Al día siguiente de mi primer día de entrenamiento aún me dolían los pezones, lo sentí cuando me puse el sujetador al vestirme y cada vez que hice un movimiento durante esa mañana. Mi libido todavía estaba alta, no había olvidado que no podía tocarme y menos todavía correrme, así que por la noche, cuando me metí en la cama, dejé mi mente en blanco e intenté no pensar. No tardé en dormirme, a pesar de todo.
La mañana pasó rápido, la tarde algo menos. Habíamos hablado y no me había dado instrucciones específicas, salvo estar a las siete en punto en su casa. Fui vestida como sé que le gusta, con un vestido de punto azul ajustado en el pecho y suelto por abajo, zapatos de tacón ancho, medias y lencería a juego con la ropa. Cuando llegué al descansillo de su casa, a las siete menos tres minutos y llamé, respiré satisfecha. Ya no podría decirme que había hecho mal las cosas. Me abrió la puerta, y, como me había dicho el día antes, sin que me dijera nada, cogí la bandeja de las pinzas, que estaba en el mismo sitio y me arrodillé, ofreciéndosela.
— Bien hecho —me acarició la cara, sonriéndome —Hoy voy a escoger yo —cogió un par de pinzas metálicas que no aprietan demasiado, aunque tienen un tornillo para ajustarlas más, pero son bastante llevaderas.

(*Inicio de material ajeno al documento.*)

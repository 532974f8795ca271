-- ===== src/Search/Printing.antt =====
-- The searches that print what they visit (src/module/search_entries.h). The lines that are handed to
-- `printk` are a result, latest first.
use task_clock.Common.{
  ℕ, ◌≡◌, refl, Bool, true, false, ◌&&◌, Option, none, some, List, [], ◌∷◌, ltb, ◌==◌,
  if◌then◌else◌, Bool-cases, inl, inr, Result, ok, bug, out_of_fuel, out_of_bounds, ◌>>=◌,
}
use task_clock.Listarray.{foreach, foreach_allelements}
use task_clock.Listarray.Represents.{Represents}
use task_clock.Listarray.Foreach.{run_over, foreach-run_over}
use task_clock.Group.{Group, get_clock_ticks, clock_is_lower}
use task_clock.Search.{
  thread_arr_size, scan, is_active, keep_lower, mark_waiting, search_for_lowest,
  search_for_lowest_waiting,
}

-- The lines of the two searches. -1 is `none`.
pub data Line : Type 0 where
  starting_search : Line
  looking_at : (i : ℕ) → (min : Option ℕ) → Line
  comparing : (clock min : ℕ) → (result waiting sleeping : Bool) → Line
  setting_min : (i : ℕ) → Line
  search_result : (low returned : Option ℕ) → Line

-- What is printed of a thread before the test.
abbrev pub look : Group → ℕ → Option ℕ → List Line → List Line
look g i none lines = looking_at i none ∷ lines
look g i (some min) lines =
    comparing (get_clock_ticks g i) (get_clock_ticks g min) (clock_is_lower g i min)
      (g.clocks i).waiting (g.clocks i).sleeping
    ∷ looking_at i (some min)
    ∷ lines

-- The test for a lower clock among active threads.
abbrev pub is_lower : Group → ℕ → Option ℕ → Bool
is_lower g i none = is_active (g.clocks i)
is_lower g i (some min) = is_active (g.clocks i) && clock_is_lower g i min

unfoldable pub print_round : Group → ℕ → Option ℕ × List Line → Result (Option ℕ × List Line)
print_round g i (min, lines) =
    if is_lower g i min
    then ok (some i, setting_min i ∷ look g i min lines)
    else ok (min, look g i min lines)

unfoldable pub search_for_lowest_print : Bool → Group → Result (Option ℕ × List Line)
search_for_lowest_print in_nmi g =
    if in_nmi
    then (foreach_allelements g.active_threads
          (λ i low. ok (keep_lower g (λ j. is_active (g.clocks j)) i low)) none
        >>= λ low. ok (low, starting_search ∷ []))
    else foreach g.active_threads (print_round g) (none, starting_search ∷ [])

-- What follows the two loops of the search for the lowest waiting thread.
abbrev pub print_result : (thread_arr : ℕ → ℕ) → Option ℕ → Result (Option ℕ × List Line)
print_result thread_arr none = ok (none, search_result none none ∷ [])
print_result thread_arr (some l) =
    let returned = if thread_arr l == 1 then some l else none in
    if ltb l thread_arr_size
    then ok (returned, search_result (some l) returned ∷ [])
    else out_of_bounds

unfoldable pub search_for_lowest_waiting_print :
    Bool → (stack : ℕ → ℕ) → Group → Result (Option ℕ × List Line)
search_for_lowest_waiting_print in_nmi stack g = do
  thread_arr ← foreach g.active_threads (mark_waiting g) stack
  low ← search_for_lowest in_nmi g
  print_result thread_arr low

-- The thread that a search with output returns.
abbrev pub found : Result (Option ℕ × List Line) → Result (Option ℕ)
found (ok (low, lines)) = ok low
found bug = bug
found out_of_bounds = out_of_bounds
found out_of_fuel = out_of_fuel

-- A round is that of the search without output.
print_round-keep_lower :
    (g : Group) (i : ℕ) (min : Option ℕ) (lines : List Line)
    → (lines' : List Line) × (print_round g i (min, lines)
        ≡ ok (keep_lower g (λ j. is_active (g.clocks j)) i min, lines'))
unfolding print_round
print_round-keep_lower g i none lines = elim (Bool-cases (is_active (g.clocks i))) [
  | inl active ↦ (setting_min i ∷ look g i none lines, rw active refl)
  | inr idle ↦ (look g i none lines, rw idle refl)
]
print_round-keep_lower g i (some min) lines =
    elim (Bool-cases (is_active (g.clocks i) && clock_is_lower g i min)) [
      | inl lower ↦ (setting_min i ∷ look g i (some min) lines, rw lower refl)
      | inr higher ↦ (look g i (some min) lines, rw higher refl)
    ]

found-run_over :
    (g : Group) (xs : List ℕ) (min : Option ℕ) (lines : List Line)
    → found (run_over (print_round g) xs (min, lines))
      ≡ run_over (λ i low. ok (keep_lower g (λ j. is_active (g.clocks j)) i low)) xs min
unfolding run_over
found-run_over g [] min lines = refl
found-run_over g (x ∷ xs) min lines =
    let (lines', round) = print_round-keep_lower g x min lines in
    rw round (found-run_over g xs (keep_lower g (λ j. is_active (g.clocks j)) x min) lines')

found-printed :
    (r : Result (Option ℕ)) (lines : List Line) → found (r >>= λ low. ok (low, lines)) ≡ r
found-printed (ok low) lines = refl
found-printed bug lines = refl
found-printed out_of_bounds lines = refl
found-printed out_of_fuel lines = refl

-- The search that prints finds what the search without output finds, in any context.
pub search_for_lowest_print_lem :
    (in_nmi : Bool) (g : Group) (xs : List ℕ)
    → Represents g.active_threads xs
    → found (search_for_lowest_print in_nmi g) ≡ search_for_lowest in_nmi g
unfolding search_for_lowest_print search_for_lowest scan
search_for_lowest_print_lem true g xs r = found-printed _ (starting_search ∷ [])
search_for_lowest_print_lem false g xs r =
    rw
      (
        foreach-run_over g.active_threads (print_round g) xs (none, starting_search ∷ []) r,
        foreach-run_over g.active_threads
            (λ i low. ok (keep_lower g (λ j. is_active (g.clocks j)) i low)) xs none r,
      )
      (found-run_over g xs none (starting_search ∷ []))

found-print_result :
    (thread_arr : ℕ → ℕ) (low : Option ℕ)
    → found (print_result thread_arr low) ≡ (elim low [
      | none ↦ ok none
      | some l ↦
          if ltb l thread_arr_size
          then ok (if thread_arr l == 1 then some l else none)
          else out_of_bounds
    ])
found-print_result thread_arr none = refl
found-print_result thread_arr (some l) = elim (Bool-cases (ltb l thread_arr_size)) [
  | inl room ↦ rw room refl
  | inr beyond ↦ rw beyond refl
]

-- The same for a step and the next ones.
found-bind :
    {X : Type 0} (r : Result X) (f : X → Result (Option ℕ × List Line)) (h : X → Result (Option ℕ))
    → ((x : X) → found (f x) ≡ h x)
    → found (r >>= f) ≡ (r >>= h)
found-bind (ok x) f h each = each x
found-bind bug f h each = refl
found-bind out_of_bounds f h each = refl
found-bind out_of_fuel f h each = refl

-- So does the one for the lowest waiting thread, faults included, whatever the array holds.
pub search_for_lowest_waiting_print_lem :
    (in_nmi : Bool) (stack : ℕ → ℕ) (g : Group)
    → found (search_for_lowest_waiting_print in_nmi stack g)
      ≡ search_for_lowest_waiting in_nmi stack g
unfolding search_for_lowest_waiting_print search_for_lowest_waiting
search_for_lowest_waiting_print_lem in_nmi stack g =
    found-bind (foreach g.active_threads (mark_waiting g) stack) _ _ (λ thread_arr.
      found-bind (search_for_lowest in_nmi g) _ _ (λ low. found-print_result thread_arr low))
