-- ===== src/System.antt =====
-- The calls of the kernel module put together: the table of functions that `init_module` fills
-- (src/module/clock_main.c), and any sequence of calls by any threads.
pub mod Quiet
pub mod Counters
pub mod Notices
pub mod Calls
pub mod Listing
pub mod WellFormed
pub mod Turn
pub mod Published
pub mod Truthful
pub mod Telling
pub mod Steady
pub mod Honest
pub mod Flags
pub mod Exclusive
pub mod Taken
pub mod Announced
pub mod Activation
use task_clock.Common.{ℕ, Bool, List, [], ◌∷◌, Result, ok, ◌>>=◌}
use task_clock.Group.{PerfEvent, Machine, Context}
use task_clock.Notify.{notify_waiting_threads}
use task_clock.Handlers.{
  task_clock_entry_overflow_update_period, task_clock_overflow_handler, task_clock_on_disable,
  task_clock_add_ticks, task_clock_on_enable, task_clock_entry_init, task_clock_entry_halt,
  task_clock_entry_activate, task_clock_entry_activate_other, task_clock_entry_wait,
  task_clock_entry_reset, task_clock_entry_sleep, task_clock_entry_woke_up, task_clock_entry_stop,
  task_clock_entry_stop_no_notify, task_clock_entry_start, task_clock_entry_start_no_notify,
  task_clock_entry_is_singlestep,
}

-- A call through the table, or the queued work. The arguments are those of the C function, the
-- registers' trap flag, and the rounds that a sleep is given.
pub data Call : Type 0 where
  overflow_handler : (regs : Bool) → Call
  entry_init : (event : PerfEvent) → (pte_found : Bool) → Call
  entry_activate : Call
  entry_halt : Call
  on_disable : Call
  on_enable : Call
  entry_activate_other : (id : ℕ) → Call
  entry_wait : Call
  entry_sleep : (fuel : ℕ) → Call
  overflow_update_period : Call
  add_ticks : (ticks : ℕ) → Call
  entry_woke_up : Call
  entry_stop : Call
  entry_start : Call
  entry_reset : Call
  entry_start_no_notify : Call
  entry_stop_no_notify : Call
  entry_is_singlestep : (regs : Bool) → Call
  notify_irq : Call

unfoldable pub run_call : Context → Call → Machine → Result Machine
run_call ctx (overflow_handler regs) m = task_clock_overflow_handler ctx regs m >>= λ (_, m'). ok m'
run_call ctx (entry_init event pte_found) m = task_clock_entry_init ctx event pte_found m
run_call ctx entry_activate m = task_clock_entry_activate ctx m
run_call ctx entry_halt m = task_clock_entry_halt ctx m
run_call ctx on_disable m = task_clock_on_disable ctx m
run_call ctx on_enable m = task_clock_on_enable ctx m
run_call ctx (entry_activate_other id) m = task_clock_entry_activate_other ctx id m
run_call ctx entry_wait m = task_clock_entry_wait ctx m
run_call ctx (entry_sleep fuel) m = task_clock_entry_sleep ctx fuel m
run_call ctx overflow_update_period m = task_clock_entry_overflow_update_period ctx m
run_call ctx (add_ticks ticks) m = task_clock_add_ticks ctx ticks m
run_call ctx entry_woke_up m = ok (task_clock_entry_woke_up ctx m)
run_call ctx entry_stop m = task_clock_entry_stop ctx m
run_call ctx entry_start m = task_clock_entry_start ctx m
run_call ctx entry_reset m = ok (task_clock_entry_reset ctx m)
run_call ctx entry_start_no_notify m = task_clock_entry_start_no_notify ctx m
run_call ctx entry_stop_no_notify m = task_clock_entry_stop_no_notify ctx m
run_call ctx (entry_is_singlestep regs) m =
    let (_, _, m') = task_clock_entry_is_singlestep ctx regs m in ok m'
run_call ctx notify_irq m = notify_waiting_threads ctx m

-- A sequence of calls, each by its own thread in its own context.
unfoldable pub run_calls : List (Context × Call) → Machine → Result Machine
unfolding run_call
run_calls [] m = ok m
run_calls ((ctx, call) ∷ rest) m = do m' ← run_call ctx call m; run_calls rest m'
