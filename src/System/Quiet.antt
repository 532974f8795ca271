-- ===== src/System/Quiet.antt =====
-- What a call of one thread leaves alone of the group: the entries of the others and the list of
-- active threads (src/module/clock_main.c). First the parts that calls are made of.
use task_clock.Common.{
  ℕ, ◌≡◌, ◌≢◌, refl, ◌∙◌, Bool, true, false, ◌&&◌, arith, if◌then◌else◌, ltb, inl, inr, Bool-cases,
  Result, Ensures, Ensures-map,
}
use task_clock.Group.{
  Group, Entry, Machine, Context, add64, inc_clock_ticks_no_chunk_add, entry, put_entry,
}
use task_clock.Fence.{
  imprecise_bounded_chunk_size, begin_bounded_memory_fence, end_bounded_memory_fence_early,
  inc_chunk_ticks, inc_clock_ticks, on_single_step,
}

-- From `g` to `g'` only the entry of thread `id` changes, it is still initialised or not as it was,
-- and an active thread stays active.
pub record Quiet (id : ℕ) (g g' : Group) : Type 0 where
  pub others : (i : ℕ) → id ≢ i → g'.clocks i ≡ g.clocks i
  pub list : g'.active_threads ≡ g.active_threads
  pub initialized : (g'.clocks id).initialized ≡ (g.clocks id).initialized
  pub inactive : (g.clocks id).inactive ≡ false → (g'.clocks id).inactive ≡ false

pub Quiet-refl : (id : ℕ) (g : Group) → Quiet id g g
Quiet-refl id g = record {
  others = λ i ne. refl;
  list = refl;
  initialized = refl;
  inactive = λ h. h;
}

pub Quiet-trans : {id : ℕ} {g g' g'' : Group} → Quiet id g g' → Quiet id g' g'' → Quiet id g g''
Quiet-trans a b = record {
  others = λ i ne. b.others i ne ∙ a.others i ne;
  list = b.list ∙ a.list;
  initialized = b.initialized ∙ a.initialized;
  inactive = λ h. b.inactive (a.inactive h);
}

module _ (ctx : Context) (m : Machine) where
  -- The machine is one that thread `current` has changed nothing but its own entry of.
  abbrev pub Own : Machine → Type 0
  Own m' = Quiet ctx.current m.group m'.group

pub Own-if :
    (ctx : Context) (m : Machine) (b : Bool) (x y : Machine)
    → Own ctx m x
    → Own ctx m y
    → Own ctx m (if b then x else y)
Own-if ctx m true x y o p = o
Own-if ctx m false x y o p = p

module _ (ctx : Context) where
  -- One part after another.
  pub Own-then :
      (m m₁ : Machine) (r : Result Machine)
      → Own ctx m m₁
      → Ensures (Own ctx m₁) r
      → Ensures (Own ctx m) r
  Own-then m m₁ r o e = Ensures-map (Own ctx m₁) (Own ctx m) r e (λ m' o'. Quiet-trans o o')

  begin-Own : (m : Machine) → Own ctx m (begin_bounded_memory_fence ctx m)
  unfolding begin_bounded_memory_fence
  begin-Own m = ground arith

  pub end-Own : (m : Machine) → Own ctx m (end_bounded_memory_fence_early ctx m)
  unfolding end_bounded_memory_fence_early
  end-Own m = ground arith

  pub on_single_step-Own : (regs : Bool) (m : Machine) → Own ctx m (on_single_step ctx regs m).2
  unfolding on_single_step
  on_single_step-Own regs m = ground arith

  -- Writing the entry of the current thread, short of making it inactive.
  pub put-Own :
      (m : Machine) (e : Entry)
      → e.initialized ≡ (entry m ctx.current).initialized
      → ((entry m ctx.current).inactive ≡ false → e.inactive ≡ false)
      → Own ctx m (put_entry m ctx.current e)
  put-Own m e same active = ground arith

  inc_chunk_ticks-Own : (val : ℕ) (m : Machine) → Own ctx m (inc_chunk_ticks ctx ctx.current val m)
  unfolding inc_chunk_ticks
  inc_chunk_ticks-Own val m =
      let m₁ = put_entry m ctx.current (record (entry m ctx.current) {
        chunk_ticks = add64 (entry m ctx.current).chunk_ticks val;
      }) in
      let first : Own ctx m m₁ =
        put-Own m
          (record (entry m ctx.current) {
            chunk_ticks = add64 (entry m ctx.current).chunk_ticks val;
          })
          refl (λ h. h) in
      elim (Bool-cases (
        ctx.build.bounded_fence
        && ltb imprecise_bounded_chunk_size (entry m₁ ctx.current).chunk_ticks)) [
          | inl near ↦ rw near (Quiet-trans first (begin-Own m₁))
          | inr far ↦ rw far first
        ]

  pub inc_clock_ticks-Own :
      (val : ℕ) (m : Machine) → Own ctx m (inc_clock_ticks ctx ctx.current val m)
  unfolding inc_clock_ticks
  inc_clock_ticks-Own val m =
      Quiet-trans
        (put-Own m (record (entry m ctx.current) { ticks = add64 (entry m ctx.current).ticks val })
          refl (λ h. h))
        (inc_chunk_ticks-Own val (inc_clock_ticks_no_chunk_add m ctx.current val))
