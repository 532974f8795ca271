-- ===== src/System/Counters.antt =====
-- What the logical clock's functions leave alone
-- (src/module/logical_clock_instruction_counting.h), for the thread that runs them.
use task_clock.Common.{
  ℕ, ◌-◌, ◌^◌, refl, ◌&&◌, ◌||◌, arith, if◌then◌else◌, inl, inr, Bool-cases, ok, Ensures,
  Ensures-bind, Ensures-trivial, Ensures-if,
}
use task_clock.Group.{
  PerfEvent, Machine, Context, add64, min_of, hit_bounded_fence, tick_counter_is_running, entry,
  put_entry, tick_counter_turn_off,
}
use task_clock.Fence.{
  inc_clock_ticks, imprecise_bounded_chunk_size, bound_overflow_period, single_stepping_on,
}
use task_clock.Search.{search_for_lowest_waiting_exclude_current}
use task_clock.Counter.{
  counter_delta, put_event, put_sample_period, new_sample_period, max_clock_sample_period,
  note_debug, set_counter, add_delta, finish_read, read_performance_counter,
  logical_clock_update_clock_ticks, logical_clock_read_clock_and_update,
  logical_clock_reset_current_ticks, logical_clock_set_perf_counter_max,
  logical_clock_set_perf_counter, logical_clock_update_overflow_period,
  logical_clock_reset_overflow_period,
}
use task_clock.System.Quiet.{Quiet-refl, Quiet-trans, Own, put-Own, inc_clock_ticks-Own}

module _ (ctx : Context) where
  put_event-Own : (e : PerfEvent) (m : Machine) → Own ctx m (put_event ctx.current e m)
  put_event-Own e m = put-Own ctx m (record (entry m ctx.current) { event = e }) refl (λ h. h)

  pub turn_off-Own : (m : Machine) → Own ctx m (tick_counter_turn_off ctx m)
  turn_off-Own m = put-Own ctx m (record (entry m ctx.current) { count_ticks = 0 }) refl (λ h. h)

  counting-Own :
      (m m' : Machine) → Own ctx m m' → Own ctx m (if ctx.build.instruction_counting then m' else m)
  counting-Own m m' o = elim (Bool-cases ctx.build.instruction_counting) [
    | inl on ↦ rw on o
    | inr off ↦ rw off (Quiet-refl ctx.current m.group)
  ]

  pub update_clock_ticks-Own :
      (m : Machine) → Own ctx m (logical_clock_update_clock_ticks ctx ctx.current m)
  unfolding logical_clock_update_clock_ticks
  update_clock_ticks-Own m =
      let m₁ = put_entry m ctx.current (record (entry m ctx.current) {
        debug_last_overflow_ticks = (entry m ctx.current).event.count;
        debug_last_enable_ticks = (entry m ctx.current).chunk_ticks;
      }) in
      let m₂ = inc_clock_ticks ctx ctx.current (entry m ctx.current).event.count m₁ in
      counting-Own m
        (put_event ctx.current (record ((entry m₂ ctx.current).event) { count = 0 }) m₂)
        (Quiet-trans
          (put-Own ctx m
            (record (entry m ctx.current) {
              debug_last_overflow_ticks = (entry m ctx.current).event.count;
              debug_last_enable_ticks = (entry m ctx.current).chunk_ticks;
            })
            refl (λ h. h))
          (Quiet-trans (inc_clock_ticks-Own ctx (entry m ctx.current).event.count m₁)
            (put_event-Own (record ((entry m₂ ctx.current).event) { count = 0 }) m₂)))

  note_debug-Own : (delta : ℕ) (m : Machine) → Own ctx m (note_debug ctx ctx.current delta m)
  note_debug-Own delta m = ground arith

  add_delta-Own : (delta : ℕ) (m : Machine) → Own ctx m (add_delta ctx ctx.current delta m)
  unfolding add_delta
  add_delta-Own delta m =
      Quiet-trans (note_debug-Own delta m)
        (inc_clock_ticks-Own ctx delta (note_debug ctx ctx.current delta m))

  finish_read-Own :
      (new_raw prev_raw : ℕ) (e : PerfEvent) (m : Machine)
      → Own ctx m (finish_read ctx ctx.current new_raw prev_raw e m)
  unfolding finish_read
  finish_read-Own new_raw prev_raw e m =
      let m₁ = tick_counter_turn_off ctx (put_event ctx.current e m) in
      let delta = add64 (counter_delta new_raw prev_raw) (entry m₁ ctx.current).event.count in
      let m₂ = put_event ctx.current (record ((entry m₁ ctx.current).event) { count = 0 }) m₁ in
      let read : Own ctx m m₂ = Quiet-trans (put_event-Own e m) (
        Quiet-trans (turn_off-Own (put_event ctx.current e m))
          (put_event-Own (record ((entry m₁ ctx.current).event) { count = 0 }) m₁)) in
      elim (Bool-cases (tick_counter_is_running ctx m)) [
        | inl on ↦ rw on (Quiet-trans read (add_delta-Own delta m₂))
        | inr off ↦ rw off read
      ]

  pub read_clock-Own :
      (m : Machine) → Ensures (Own ctx m) (logical_clock_read_clock_and_update ctx ctx.current m)
  unfolding logical_clock_read_clock_and_update
  read_clock-Own m =
      Ensures-if (Own ctx m) ctx.build.instruction_counting _ (ok m)
        (Ensures-bind (λ _. Unit {0}) (Own ctx m)
          (read_performance_counter ctx.reads (entry m ctx.current).event) _ (Ensures-trivial _)
          (λ (new_raw, prev_raw, pmc, e) _. finish_read-Own new_raw prev_raw e m))
        (Quiet-refl ctx.current m.group)

  pub reset_current_ticks-Own :
      (m : Machine) → Ensures (Own ctx m) (logical_clock_reset_current_ticks ctx ctx.current m)
  unfolding logical_clock_reset_current_ticks
  reset_current_ticks-Own m =
      Ensures-if (Own ctx m) ctx.build.instruction_counting _ (ok m)
        (Ensures-bind (λ _. Unit {0}) (Own ctx m)
          (read_performance_counter ctx.reads (entry m ctx.current).event) _ (Ensures-trivial _)
          (λ (new_raw, prev_raw, pmc, e) _. put_event-Own (record e { count = 0 }) m))
        (Quiet-refl ctx.current m.group)

  pub set_perf_counter_max-Own :
      (m : Machine) → Own ctx m (logical_clock_set_perf_counter_max ctx ctx.current m)
  unfolding logical_clock_set_perf_counter_max
  set_perf_counter_max-Own m = counting-Own m _ (
      put_event-Own
        (set_counter (2 ^ 31 - 1)
          (record ((entry m ctx.current).event) { sample_period = 2 ^ 31 - 1 }))
        m)

  pub set_perf_counter-Own :
      (m : Machine) → Own ctx m (logical_clock_set_perf_counter ctx ctx.current m)
  unfolding logical_clock_set_perf_counter
  set_perf_counter-Own m = counting-Own m _ (
      put_event-Own
        (set_counter (entry m ctx.current).event.sample_period (entry m ctx.current).event) m)

  pub reset_overflow_period-Own :
      (id : ℕ) (m : Machine) → Own ctx m (logical_clock_reset_overflow_period ctx id m)
  unfolding logical_clock_reset_overflow_period
  reset_overflow_period-Own id m =
      elim (Bool-cases (ctx.build.adaptive_period && ctx.build.instruction_counting)) [
        | inl on ↦ rw on (
            put_event-Own
              (record ((entry m ctx.current).event) { sample_period = 0; period_left = 0 }) m)
        | inr off ↦ rw off (Quiet-refl ctx.current m.group)
      ]

  period-Own : (period : ℕ) (m : Machine) → Own ctx m (put_sample_period ctx.current period m)
  period-Own period m =
      put_event-Own (record ((entry m ctx.current).event) { sample_period = period }) m

  pub update_overflow_period-Own :
      (m : Machine) → Ensures (Own ctx m) (logical_clock_update_overflow_period ctx ctx.current m)
  unfolding logical_clock_update_overflow_period
  update_overflow_period-Own m =
      Ensures-if (Own ctx m) (ctx.build.adaptive_period && ctx.build.instruction_counting) _ (ok m)
        (Ensures-if (Own ctx m) (single_stepping_on ctx ctx.current m || hit_bounded_fence ctx m)
          (ok (put_sample_period ctx.current imprecise_bounded_chunk_size m)) _
          (period-Own imprecise_bounded_chunk_size m)
          (Ensures-bind (λ _. Unit {0}) (Own ctx m)
            (search_for_lowest_waiting_exclude_current ctx.in_nmi m.group ctx.current) _
            (Ensures-trivial _)
            (λ low _.
              period-Own
                (min_of
                  (bound_overflow_period ctx ctx.current (new_sample_period ctx.current low m) m)
                  max_clock_sample_period)
                m)))
        (Quiet-refl ctx.current m.group)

—Quítate el vestido y dámelo —lo hice y me quedé solo con la lencería, arrodillada delante de él —Me gusta lo que te has puesto —sonrió
Me dijo que me quitara también el sujetador. Bajó las manos hasta mis pezones, los rozó hasta que se pusieron duros y los apretó un poco con los dedos. Luego me puso las pinzas, y noté inmediatamente la reacción de mi cuerpo, como siempre. El recuerdo de la noche anterior y las propias sensaciones de ese momento hicieron que me excitara, y el ligero dolor que aún tenía, que me acabara de mojar del todo. Sigo sin comprender muy bien por qué motivo me sucede esto, lo único que sé es que sucede.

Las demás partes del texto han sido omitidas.